Last month The Gospel Coalition ran a fascinating article with Sinclair Ferguson reflecting on his return to Aberdeen: how ‘a city of spires’ became ‘the most secular city in Scotland, which is the most secular country in the United Kingdom.’

How was it that Scotland in general, and Aberdeen in particular, experienced such an extraordinary emptying of the churches in just a few decades? Ferguson identifies some reasons: theological drift, lack of institutional structures, and a strategy of ‘quiet infiltration’.

“The strategy [of Scottish evangelical leaders]—and there was a very definite strategy—was essentially not to have a strategy,” he said. “The language that was used was ‘quiet infiltration.’”
In a single congregation, a conservative pastor can sometimes pull that off.

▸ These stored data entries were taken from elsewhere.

-- ===== src/Interference/Analyses.antt =====
-- rantanplan/cpp/src/analysis/interference_analysis.cpp: the analysis of every action of a problem
-- (`analyze_all_actions`). The map from actions to analyses is the list of the analyses in the order of
-- the actions: an action is looked up under its id, which is its place in a problem. Two actions that
-- the map takes for equal have equal preconditions and effects, and so one analysis.
use ran_tan_plan.Prelude.{
  ℕ, zero, suc, ◌≡◌, refl, Bool, Option, some, List, [], ◌∷◌, ◌>>=◌, >>=-eq-some, get_elem?, length,
  inl, inr, In, ap, ◌∙◌, sym,
}
use ran_tan_plan.Expr.Pool.Laws.{Below, IsOrdered}
use ran_tan_plan.Problem.{Problem, Action, EffectExpression}
use ran_tan_plan.Interference.Total.{EffectBelow, analyze_action-Returns}
use ran_tan_plan.Interference.{ActionAnalysis, analyze_action, actions_interfere}

unfoldable pub analyze_all_actions : Problem → ℕ → List Action → Option (List ActionAnalysis)
analyze_all_actions p fuel [] = some []
analyze_all_actions p fuel (a ∷ rest) = do
  r ← analyze_action p fuel a
  rs ← analyze_all_actions p fuel rest
  some (r ∷ rs)

-- `actions_interfere` for the actions of two ids.
abbrev pub interferes : List ActionAnalysis → ℕ → ℕ → Bool
interferes analyses a b = actions_interfere (get_elem? analyses a) (get_elem? analyses b)

-- The ids of the actions are their places, as `with_actions` and `without_actions` leave them.
abbrev pub IsNumbered : List Action → Type 0
IsNumbered actions = (i : ℕ) (a : Action) → get_elem? actions i ≡ some a → a.id ≡ i

-- The handles of an action lie below the fuel.
abbrev pub ActionBelow : ℕ → Action → Type 0
ActionBelow fuel a =
    Below fuel a.precondition_id × ((e : EffectExpression) → In e a.effects → EffectBelow fuel e)

-- In an ordered pool all actions are analyzed.
pub analyze_all_actions-Returns :
    (p : Problem) (fuel : ℕ) (actions : List Action)
    → IsOrdered p.pool
    → ((a : Action) → In a actions → ActionBelow fuel a)
    → (rs : List ActionAnalysis) × (analyze_all_actions p fuel actions ≡ some rs)
unfolding analyze_all_actions
analyze_all_actions-Returns p fuel [] o low = ([], refl)
analyze_all_actions-Returns p fuel (a ∷ actions) o low =
    let (r, e) = analyze_action-Returns p o fuel a (low a (inl refl)).0 (low a (inl refl)).1 in
    let (rs, e') = analyze_all_actions-Returns p fuel actions o (λ x m. low x (inr m)) in
    (r ∷ rs, rw (e, e') refl)

-- There is an analysis for each action, and no other.
pub analyze_all_actions_lem :
    (p : Problem) (fuel : ℕ) (actions : List Action) (rs : List ActionAnalysis)
    → analyze_all_actions p fuel actions ≡ some rs
    → (length rs ≡ length actions)
      × ((i : ℕ) (a : Action)
          → get_elem? actions i ≡ some a
          → get_elem? rs i ≡ analyze_action p fuel a)
unfolding analyze_all_actions
analyze_all_actions_lem p fuel [] rs h = (ap length (nil h), λ i a m. cc)
  where
    nil : some [] ≡ some rs → rs ≡ []
    nil h = cc
analyze_all_actions_lem p fuel (x ∷ xs) rs h =
    let (r, e, h') = >>=-eq-some (analyze_action p fuel x) _ h in
    let (rest, e', h'') = >>=-eq-some (analyze_all_actions p fuel xs) _ h' in
    let same : rs ≡ r ∷ rest = cc in
    let (size, all) = analyze_all_actions_lem p fuel xs rest e' in
    (ap length same ∙ ap suc size, λ i a m. rw same (at r rest e all i a m))
  where
    at :
        (r : ActionAnalysis) (rest : List ActionAnalysis)
        → analyze_action p fuel x ≡ some r
        → ((i : ℕ) (a : Action)
            → get_elem? xs i ≡ some a
            → get_elem? rest i ≡ analyze_action p fuel a)
        → (i : ℕ) (a : Action) → get_elem? (x ∷ xs) i ≡ some a
        → get_elem? (r ∷ rest) i ≡ analyze_action p fuel a
    at r rest e all zero a m =
        let same : x ≡ a = cc in sym e ∙ ap (λ y. analyze_action p fuel y) same
    at r rest e all (suc i) a m = all i a m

But on a denominational level, it doesn’t work. Instead, the mild-mannered middle—even if it’s full of people who believe in Jesus—chooses the path of least resistance. In a liberalizing culture, that’s liberalization.
“The danger of quiet infiltration,” Ferguson said, “is that you are quietly infiltrated.”

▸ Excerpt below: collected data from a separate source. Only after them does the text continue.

-- ===== src/Interference/Collected.antt =====
-- What the collector records: every fluent that the walk over an expression reaches.
use ran_tan_plan.Prelude.{
  ℕ, zero, suc, ◌≡◌, refl, ◌∙◌, subst, inl, inr, Bool, true, false, not, Option, some, List, [],
  ◌∷◌, Bool-cases, In, ⊎_elim, >>=-eq-some, eq_of_some, true-ne-false,
}
use ran_tan_plan.Expr.Kinds.{ExprOperator}
use ran_tan_plan.Expr.Node.{ExprId, null, ref, id_beq}
use ran_tan_plan.Expr.Node.Equal.{id_beq→eq}
use ran_tan_plan.Expr.Pool.{is_op, children, arguments}
use ran_tan_plan.Problem.{Problem, is_bool_type}
use ran_tan_plan.Interference.{
  Polarity, Collection, put, polarity_of, collect_fluent, collect_each, is_fluent, collect_from,
  nothing_collected, collect_all, names,
}

-- The walk from an expression reaches the fluent: through the arguments of a negation, or the
-- children of anything else that is no fluent itself.
pub data Reads (p : Problem) : ExprId → ExprId → Type 0 where
  negated :
      {i : ℕ} {f : ExprId} (c : ExprId)
      → is_op p.pool (ref i) ExprOperator.not ≡ true
      → In c (arguments p.pool (ref i))
      → Reads p c f
      → Reads p (ref i) f
  itself :
      {i : ℕ}
      → is_op p.pool (ref i) ExprOperator.not ≡ false
      → is_fluent p.pool (ref i) ≡ true
      → Reads p (ref i) (ref i)
  below :
      {i : ℕ} {f : ExprId} (c : ExprId)
      → is_op p.pool (ref i) ExprOperator.not ≡ false
      → is_fluent p.pool (ref i) ≡ false
      → In c (children p.pool (ref i))
      → Reads p c f
      → Reads p (ref i) f

put-keeps :
    (id : ExprId) (q : Polarity) (m : List (ExprId × Polarity)) (f : ExprId)
    → In f (names m)
    → In f (names (put id q m))
unfolding put names
put-keeps id q [] f h = absurd h
put-keeps id q ((j, r) ∷ m) f h = elim (Bool-cases (id_beq j id)) [
  | inl e ↦ rw (e, put) (⊎_elim (λ k. inl (k ∙ id_beq→eq j id e)) inr h)
  | inr e ↦ rw (e, put) (⊎_elim inl (λ k. inr (put-keeps id q m f k)) h)
]

put-In : (id : ExprId) (q : Polarity) (m : List (ExprId × Polarity)) → In id (names (put id q m))
unfolding put names
put-In id q [] = inl refl
put-In id q ((j, r) ∷ m) = elim (Bool-cases (id_beq j id)) [
  | inl e ↦ rw (e, put) (inl refl)
  | inr e ↦ rw (e, put) (inr (put-In id q m))
]

record Grows (c d : Collection) : Type 0 where
  booleans : (f : ExprId) → In f (names c.boolean_fluents) → In f (names d.boolean_fluents)
  numbers : (f : ExprId) → In f c.numeric_fluents → In f d.numeric_fluents

-- A fluent is among the Boolean ones or the numeric ones, as its type says.
pub record Recorded (p : Problem) (c : Collection) (f : ExprId) : Type 0 where
  pub boolean : is_bool_type p f ≡ true → In f (names c.boolean_fluents)
  pub numeric : is_bool_type p f ≡ false → In f c.numeric_fluents

Grows-refl : (c : Collection) → Grows c c
Grows-refl c = record { booleans = λ f m. m; numbers = λ f m. m }

Grows-trans : (b c d : Collection) → Grows b c → Grows c d → Grows b d
Grows-trans b c d g h = record {
  booleans = λ f m. h.booleans f (g.booleans f m);
  numbers = λ f m. h.numbers f (g.numbers f m);
}

Grows-Recorded :
    (p : Problem) (c d : Collection) (f : ExprId) → Grows c d → Recorded p c f → Recorded p d f
Grows-Recorded p c d f g r = record {
  boolean = λ e. g.booleans f (r.boolean e);
  numeric = λ e. g.numbers f (r.numeric e);
}

module _ (p : Problem) where
  fluent_lem :
      (b : Bool) (id : ExprId) (c : Collection)
      → Grows c (collect_fluent p b id c) × Recorded p (collect_fluent p b id c) id
  unfolding collect_fluent
  fluent_lem b id c = elim (Bool-cases (is_bool_type p id)) [
    | inl e ↦
        rw (e, collect_fluent)
          (
            record {
              booleans = put-keeps id (polarity_of b) c.boolean_fluents;
              numbers = λ f m. m;
            },
            record {
              boolean = λ _. put-In id (polarity_of b) c.boolean_fluents;
              numeric = λ x. absurd (true-ne-false e x);
            },
          )
    | inr e ↦
        rw (e, collect_fluent)
          (
            record { booleans = λ f m. m; numbers = λ f m. inr m },
            record { boolean = λ x. absurd (true-ne-false x e); numeric = λ _. inl refl },
          )
  ]

  each_lem :
      (call : ExprId → Collection → Option Collection)
      → ((e : ExprId) (c d : Collection)
          → call e c ≡ some d
          → Grows c d × ((f : ExprId) → Reads p e f → Recorded p d f))
      → (es : List ExprId) (c d : Collection) → collect_each call es c ≡ some d
      → Grows c d × ((e : ExprId) → In e es → (f : ExprId) → Reads p e f → Recorded p d f)
  unfolding collect_each
  each_lem call ok [] c d h = (subst (Grows c) (eq_of_some h) (Grows-refl c), λ e m. absurd m)
  each_lem call ok (e ∷ es) c d h =
      let (b, first, more) = >>=-eq-some (call e c) _ h in
      let (g, here) = ok e c b first in
      let (g', there) = each_lem call ok es b d more in
      (
        Grows-trans c b d g g',
        λ x m f r.
            ⊎_elim (λ same. Grows-Recorded p b d f g' (here f (subst (λ y. Reads p y f) same r)))
              (λ k. there x k f r) m,
      )

  from_lem :
      (fuel : ℕ) (b : Bool) (e : ExprId) (c d : Collection)
      → collect_from p fuel b e c ≡ some d
      → Grows c d × ((f : ExprId) → Reads p e f → Recorded p d f)
  unfolding collect_from
  from_lem fuel b null c d h =
      (subst (Grows c) (eq_of_some h) (Grows-refl c), λ f r. absurd (none_read f r))
    where
      none_read : (f : ExprId) → Reads p null f → ⊥
      none_read f r = elim r [ ]
  from_lem zero b (ref i) c d h = cc
  from_lem (suc fuel) b (ref i) c d h = elim (Bool-cases (is_op p.pool (ref i) ExprOperator.not)) [
    | inl neg ↦
        let (g, all) =
          each_lem (collect_from p fuel (not b)) (from_lem fuel (not b)) (arguments p.pool (ref i))
            c d (rw (neg, collect_from) at h) in
        (g, λ f r. in_negation neg all r)
    | inr plain ↦ elim (Bool-cases (is_fluent p.pool (ref i))) [
      | inl fl ↦
          let same = eq_of_some (rw (plain, fl, collect_from) at h) in
          let (g, rec) = fluent_lem b (ref i) c in
          (
            subst (Grows c) same g,
            λ f r. at_fluent plain fl (subst (λ x. Recorded p x (ref i)) same rec) r,
          )
      | inr other ↦
          let (g, all) =
            each_lem (collect_from p fuel b) (from_lem fuel b) (children p.pool (ref i)) c d
              (rw (plain, other, collect_from) at h) in
          (g, λ f r. in_children plain other all r)
    ]
  ]
    where
      in_negation :
          {f : ExprId}
          → is_op p.pool (ref i) ExprOperator.not ≡ true
          → ((e : ExprId)
              → In e (arguments p.pool (ref i))
              → (f : ExprId) → Reads p e f
              → Recorded p d f)
          → Reads p (ref i) f
          → Recorded p d f
      in_negation neg all (negated c _ m r) = all c m _ r
      in_negation neg all (itself plain _) = absurd (true-ne-false neg plain)
      in_negation neg all (below c plain _ m r) = absurd (true-ne-false neg plain)

      at_fluent :
          {f : ExprId}
          → is_op p.pool (ref i) ExprOperator.not ≡ false
          → is_fluent p.pool (ref i) ≡ true
          → Recorded p d (ref i)
          → Reads p (ref i) f
          → Recorded p d f
      at_fluent plain fl rec (negated c neg m r) = absurd (true-ne-false neg plain)
      at_fluent plain fl rec (itself _ _) = rec
      at_fluent plain fl rec (below c _ other m r) = absurd (true-ne-false fl other)

      in_children :
          {f : ExprId}
          → is_op p.pool (ref i) ExprOperator.not ≡ false
          → is_fluent p.pool (ref i) ≡ false
          → ((e : ExprId)
              → In e (children p.pool (ref i))
              → (f : ExprId) → Reads p e f
              → Recorded p d f)
          → Reads p (ref i) f
          → Recorded p d f
      in_children plain other all (negated c neg m r) = absurd (true-ne-false neg plain)
      in_children plain other all (itself _ fl) = absurd (true-ne-false fl other)
      in_children plain other all (below c _ _ m r) = all c m _ r

  pub collect_all-Recorded :
      (fuel : ℕ) (e : ExprId) (d : Collection) (f : ExprId)
      → collect_all p fuel e ≡ some d
      → Reads p e f
      → Recorded p d f
  unfolding collect_all
  collect_all-Recorded fuel e d f h r = (from_lem fuel false e nothing_collected d h).1 f r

The case of Scotland is especially stark, but we can trace a similar pattern across the UK, and increasingly in the USA too. We see it even in some very large, very influential churches where on some key theological issues (especially those concerning sexuality) there has been a deliberate strategy of silence, of saying things like, “I’m not going to say my own view, because…I want people to be able to be here and find a unity in holding different views.” That sounds very reasonable, very generous, but inevitably, ‘in a liberalizing culture, that’s liberalization…you are quietly infiltrated.’ This is a one way street. It is why what is apparently thriving and full of life can, in a few years, be empty and dead.

If the future is to have a church we need church leaders, denominations, and congregations that are willing to pay the cost of standing firm on doctrinal matters, who build robust institutions on those convictions, and who are unafraid to publicly articulate what they believe. Evangelical christianity is very much not the cultural majority in this cultural moment. This means the ‘rigging’ that makes belief easy has been torn away. Much of that has been good – a clearing out of the deadwood and a stripping away of what masqueraded as the church of Christ. But if we keep digging away the ground under our feet by abandoning theological clarity we shouldn’t be surprised to find ourselves also swept away.

Quiet infiltration is a strategy for the dead. The living gladly proclaim what they believe, build houses, cultivate fields, have babies and hope for a harvest.